Asta’s eyes came alive again, rolling madly as she raggedly gasped for air. The women struggled to get their arms under her slippery, heaving shoulders.
“Support her head!” Maore directed them. Slowly they lifted Asta’s dripping torso from the soggy couch. “Cover her back!” Asta was halfway sitting now, trembling at the verge of consciousness as the women supported her back with strong arms and dry blankets. Maore struggled to hold down Asta’s twitching arms. It would still be difficult to show her the baby this way.

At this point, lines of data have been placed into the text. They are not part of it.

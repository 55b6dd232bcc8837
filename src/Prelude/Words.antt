-- ===== src/Prelude/Words.antt =====
-- `size_t` and `unsigned` on the 32-bit machine that the code is built for: words below 2 ^ 32.
use Prim.Native.Nat.{zero, suc, ℕ, ◌+◌, ◌-◌, ◌*◌, ◌/◌, ◌%◌, ◌^◌, ◌≤◌, ◌<◌, bit_and}
use mathlib.Core.Path.{◌≡◌, ap, sym}
use mathlib.Core.Bool.{Bool, not}
use native.Mathlib.Nat.{
  zero-mod, suc-mul, div-lt_iff_lt-mul, one-le-pow, mod-lt, mul-mod_left, add-mod-mod, mod-eq_of_lt,
}
use native.Mathlib.Omega.{arith}
use hardware_msm7k.Prelude.Tests.{◌==◌, ltb}
use hardware_msm7k.Prelude.Bits.{bit_and_low, bit_and_shift}

abbrev pub add32 : ℕ → ℕ → ℕ
add32 a b = (a + b) % 2 ^ 32

abbrev pub sub32 : ℕ → ℕ → ℕ
sub32 a b = (a + 2 ^ 32 - b) % 2 ^ 32

abbrev pub mul32 : ℕ → ℕ → ℕ
mul32 a b = a * b % 2 ^ 32

-- `~x`
abbrev pub not32 : ℕ → ℕ
not32 x = 2 ^ 32 - 1 - x

-- `x & mask` as a condition
abbrev pub test : ℕ → ℕ → Bool
test x mask = not (bit_and x mask == 0)

-- `(x + a - 1) & ~(a - 1)`
abbrev pub align32 : ℕ → ℕ → ℕ
align32 x a = bit_and (sub32 (add32 x a) 1) (not32 (sub32 a 1))

-- `-x & (2 ^ k - 1)`
abbrev pub padding32 : ℕ → ℕ → ℕ
padding32 x a = bit_and (sub32 0 x) (sub32 a 1)

pub le_product : (a b n : ℕ) → 0 < a → a * b ≡ n → b ≤ n
le_product zero b n h e = absurd (omega arith)
le_product (suc a) b n h e = omega (arith, suc-mul a b)

quotient_below : (y a b : ℕ) → 0 < b → a * b ≡ 2 ^ 32 → y < 2 ^ 32 → y / b < a
quotient_below y a b h e l = (div-lt_iff_lt-mul h).1 (rw e l)

-- `x + -x` is 0 or the modulus, and both are multiples of `b`.
negation_mod : (x b : ℕ) → x < 2 ^ 32 → 2 ^ 32 % b ≡ 0 → (x + sub32 0 x) % b ≡ 0
negation_mod zero b h e = zero-mod b
negation_mod (suc x) b h e =
    let whole : suc x + sub32 0 (suc x) ≡ 2 ^ 32 = omega arith in rw whole e

mask_as_product : (a b : ℕ) → 0 < a → 0 < b → a * b ≡ 2 ^ 32 → (a - 1) * b ≡ not32 (sub32 b 1)
mask_as_product zero b h j e = absurd (omega arith)
mask_as_product (suc a) b h j e =
    let pred_suc : suc a - 1 ≡ a = omega arith in rw pred_suc (omega (arith, suc-mul a b, e))

module _ (k m : ℕ) (full : 2 ^ m * 2 ^ k ≡ 2 ^ 32) where
  two-pow_pos : 0 < 2 ^ k
  two-pow_pos = one-le-pow k 2 (omega arith)

  two-pow-le : 2 ^ k ≤ 2 ^ 32
  two-pow-le = le_product (2 ^ m) (2 ^ k) (2 ^ 32) (one-le-pow m 2 (omega arith)) full

  high_mask : not32 (sub32 (2 ^ k) 1) ≡ (2 ^ m - 1) * 2 ^ k
  high_mask = sym (mask_as_product (2 ^ m) (2 ^ k) (one-le-pow m 2 (omega arith)) two-pow_pos full)

  -- With no carry out of the word, `align32` rounds up to a multiple of a power of two.
  pub align32_lem :
      (x : ℕ) → x + 2 ^ k ≤ 2 ^ 32 → align32 x (2 ^ k) ≡ (x + 2 ^ k - 1) / 2 ^ k * 2 ^ k
  align32_lem x h =
      rw (plain, high_mask, bit_and_shift k (x + 2 ^ k - 1) (2 ^ m - 1), bit_and_low m)
        (ap (λ t. t * 2 ^ k)
          (mod-eq_of_lt (
            quotient_below (x + 2 ^ k - 1) (2 ^ m) (2 ^ k) two-pow_pos full
              (omega (arith, two-pow_pos)))))
    where
      plain : sub32 (add32 x (2 ^ k)) 1 ≡ x + 2 ^ k - 1
      plain = omega (arith, two-pow_pos)

  padding32_mod : (x : ℕ) → padding32 x (2 ^ k) ≡ sub32 0 x % 2 ^ k
  padding32_mod x =
      let plain : sub32 (2 ^ k) 1 ≡ 2 ^ k - 1 = omega (arith, two-pow_pos, two-pow-le) in
      rw plain (bit_and_low k (sub32 0 x))

  -- The distance to the next multiple of a power of two.
  pub padding32_lem :
      (x : ℕ) → x < 2 ^ 32 → (padding32 x (2 ^ k) < 2 ^ k) × ((x + padding32 x (2 ^ k)) % 2 ^ k ≡ 0)
  padding32_lem x h =
      (rw padding32_mod (mod-lt _ two-pow_pos), rw (padding32_mod, add-mod-mod) wrap)
    where
      whole : 2 ^ 32 % 2 ^ k ≡ 0
      whole = rw (← full) (mul-mod_left (2 ^ m) (2 ^ k))

      wrap : (x + sub32 0 x) % 2 ^ k ≡ 0
      wrap = negation_mod x (2 ^ k) h whole

-- `a < b` on the patterns of two `int`s.
abbrev pub lts32 : ℕ → ℕ → Bool
lts32 a b = ltb (add32 a (2 ^ 31)) (add32 b (2 ^ 31))
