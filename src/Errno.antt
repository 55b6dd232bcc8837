-- ===== src/Errno.antt =====
-- The error numbers of the C library that the code names: positive, whatever their values.
use hardware_msm7k.Prelude.{ℕ, ◌<◌}

pub record Errno : Type 0 where
  pub einval : ℕ
  pub enomem : ℕ
  pub enoent : ℕ
  pub einval_pos : 0 < einval
  pub enomem_pos : 0 < enomem
  pub enoent_pos : 0 < enoent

Asta’s head lolled forward. Maore lifted one arm to shove Asta’s head back up by the chin and hold it in place. “Asta…Asta!” Maore tried to get her attention. Beneath clinging strands of white, wet hair, Asta’s eyelids fluttered. Finally, with a certain amount of steadiness, her eyes fell open on Maore.
“Mahasagi,” Maore summoned Najat to bring the baby. She kept her eyes on Asta’s face, willing the woman to stay focused. Asta’s lips quivered blue against Maore’s thumb. She was trying to speak.
“Suuu…” Her breath fell on Maore with a heavy smell. The women all leaned in, trying to grasp her words.
Asta had nothing to say. Her eyes rolled back. She convulsed again, a test of muscle power for the women supporting her.
“Mahasagi!” said Maore, as Asta stopped moving and sagged in the women’s straining arms. Najat did not step forward. Maore looked up and saw only her dazed attendants. The candle-dim chamber beyond was empty.
Najat Gampoban had vanished, along with Asta’s newborn child.